Despite Welles's statement, the Baltic states soon reprised their centuries-long role as pawns in the conflicts of larger powers. After visiting Moscow in the winter of 1941–1942, British Foreign Minister Eden had already advocated sacrificing the Baltic states to secure Soviet cooperation in the war. The British ambassador to the U.S., Halifax, reported, "Mr.
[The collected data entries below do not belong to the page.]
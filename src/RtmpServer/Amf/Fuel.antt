-- ===== src/RtmpServer/Amf/Fuel.antt =====
-- The calls of `amf_decode_value` and `amf_decode_object` of
-- src/modules/rtmp_server/rtmp_server.c within one another: each takes bytes from the buffer, so
-- that there are no more of them than bytes.
use mathlib.Core.Option
use strero.Prelude.{
  ℕ, zero, suc, ◌+◌, ◌*◌, ◌≤◌, ◌<◌, ◌≡◌, refl, ap, Bool-cases, inl, inr, none, some, Option-cases,
  map-some_inv, bind-some_inv, [], ◌∷◌, ◌==◌, length, length-drop, Bytes, has_prefix, arith,
}
use strero.RtmpServer.Amf.{
  Value, Properties, amf_decode_string, decode_number, decode_boolean, decode_scalar,
  amf_decode_value, amf_decode_object,
}

string_shrinks :
    (bs : Bytes) (r : Bytes × Bytes) → amf_decode_string bs ≡ some r → 2 + length r.1 ≤ length bs
unfolding amf_decode_string
string_shrinks [] r e = ground (arith, e)
string_shrinks (a ∷ []) r e = ground (arith, e)
string_shrinks (a ∷ b ∷ rest) (s, left) e = ground (arith, length-drop (a * 256 + b) rest)

no_string : amf_decode_string [] ≡ none
unfolding amf_decode_string
no_string = refl

scalar_shrinks :
    (type : ℕ) (bs : Bytes) (r : Value × Bytes)
    → decode_scalar type bs ≡ some r
    → length r.1 ≤ length bs
unfolding decode_scalar decode_number decode_boolean
scalar_shrinks type [] r e = ground (arith, e, no_string)
scalar_shrinks type (b ∷ bs) r e = elim (Option-cases (amf_decode_string (b ∷ bs))) [
  | inl nothing ↦ ground (arith, e, length-drop 8 (b ∷ bs), nothing)
  | inr (s, got) ↦ ground (arith, e, length-drop 8 (b ∷ bs), got, string_shrinks (b ∷ bs) s got)
]

mutual
  unfolding amf_decode_value amf_decode_object

  value_shrinks :
      (rounds : ℕ) (bs : Bytes) (r : Value × Bytes)
      → amf_decode_value rounds bs ≡ some r
      → length r.1 < length bs
  value_shrinks rounds [] r e = ground (arith, e)
  value_shrinks zero (type ∷ bs) r e = ground (arith, e)
  value_shrinks (suc rounds) (type ∷ bs) r e = elim (Bool-cases (type == 3)) [
    | inl an_object ↦
        let (o, run, same) = map-some_inv _ _ r (rw (an_object, amf_decode_value) at e) in
        omega (arith, object_shrinks rounds bs o run, ap (λ (p : Value × Bytes). length p.1) same)
    | inr other ↦ omega (arith, scalar_shrinks type bs r (rw (other, amf_decode_value) at e))
  ]

  object_shrinks :
      (rounds : ℕ) (bs : Bytes) (r : Properties × Bytes)
      → amf_decode_object rounds bs ≡ some r
      → length r.1 ≤ length bs
  object_shrinks rounds [] r e = ground (arith, e)
  object_shrinks zero (b ∷ bs) r e = ground (arith, e)
  object_shrinks (suc rounds) (b ∷ bs) r e =
      elim (Bool-cases (has_prefix (0 ∷ 0 ∷ 9 ∷ []) (b ∷ bs))) [
        | inl marker ↦
            let e' = rw (marker, amf_decode_object) at e in
            ground (arith, e', length-drop 3 (b ∷ bs))
        | inr more ↦
            let (name, named, e1) =
              bind-some_inv _ (amf_decode_string (b ∷ bs)) r (rw (more, amf_decode_object) at e) in
            let (value, valued, e2) = bind-some_inv _ (amf_decode_value rounds name.1) r e1 in
            let (later, ran, same) = map-some_inv _ (amf_decode_object rounds value.1) r e2 in
            omega (
              arith,
              string_shrinks (b ∷ bs) name named,
              value_shrinks rounds name.1 value valued,
              object_shrinks rounds value.1 later ran,
              ap (λ (p : Properties × Bytes). length p.1) same,
            )
      ]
Eden cannot incur the danger of antagonizing Stalin, and the British War Cabinet have... agree[d] to negotiate a treaty with Stalin, which will recognize the 1940 frontiers of the Soviet Union."

In March 1942, Churchill wrote to Roosevelt urging the sacrifice of the Baltic states: "The increasing gravity of the war has led me to feel that the principles of the Atlantic Charter ought not to be construed so as to deny Russia the frontiers she occupied when Germany attacked here. ... I hope therefore that you will be able to give us a free hand to sign the treaty which Stalin desires as soon as possible."

By 1943, Roosevelt had also consigned the Baltic states and Eastern Europe to Stalin. Meeting with his confidante, Archbishop (later, Cardinal) Spellman in New York on 3 September, Roosevelt stated, "The European people will simply have to endure Russian domination, in the hope that in ten or twenty years they will be able to live well with the Russians." Meeting with Stalin in Tehran on 1 December 1943, Roosevelt "said that he fully realized the three Baltic Republics had in history and again more recently been part of Russia and jokingly added, that when the Soviet armies re-occupied these areas, he did not intend to go to war with the Soviet Union on this point." A month later, Roosevelt related to Otto von Habsburg that he had told the Russians they could take over and control Romania, Bulgaria, Bukovina, Eastern Poland, Lithuania, Estonia, Latvia, and Finland.

The future was sealed when on 9 October 1944, Churchill met with Stalin in Moscow and penciled out the post-war partition of Europe. Churchill recounts: "At length I said, 'Might it not be thought rather cynical if it seemed that we had disposed of these issues, so fateful to millions of people, in such an offhand manner? Let us burn the paper.' — 'No, you keep it,' said Stalin." The February 1945 Yalta Conference, widely regarded as determining the future of Europe, invoked the Atlantic Charter and the right of all peoples to choose the form of government under which they will live; however, it did not directly address the issue of the Baltic states, paving the path to unopposed Soviet hegemony over post-war Eastern Europe.

The attitude taken by the Western Allies with regard to the Baltic states following World War II was summarized by Hector McNeil, the Under-Secretary of the Foreign Affairs (1945–1946), before the House of Commons on 10 February 1947. McNeil stated that the British government recognized the absorption of the Baltic states into the Soviet Union de facto but not de jure. He also agreed that the annexation violated the self-determination principle of the Atlantic Charter, but that it should be kept in mind that the Baltic states had been part of the Russian Empire before 1918.

==Withdrawal of the occupational army from the Baltic states==
On 11 March 1990, the Supreme Council – Reconstituent Seimas adopted Act of the Re-Establishment of the State of Lithuania, however the withdrawal of the Russian Armed Forces from Lithuania began in 1992 and according to an agreement had to be completed until 1 September 1993. Nevertheless, the withdrawal process was not always performed according to the agreed plans and even on 19 August 1993, the Ministry of National Defence of Lithuania had received notice from the Ministry of Defence of Russia that the withdrawal procedure has been stopped because there allegedly was no signed political agreement regarding it. In the morning of 30 August 1993, Lithuanian president Algirdas Brazauskas had a telephone communication with Russian president Boris Yeltsin and urged to withdraw the army on time. Eventually, the last combat unit of the Russian Armed Forces left the Lithuanian territory 15 minutes before the agreed term (on 31 August 1993 23:45), but small Russian military units had remained that also left in the near months. On 26 November 1993, the Lithuanians had taken over the last object from a Russian military unit.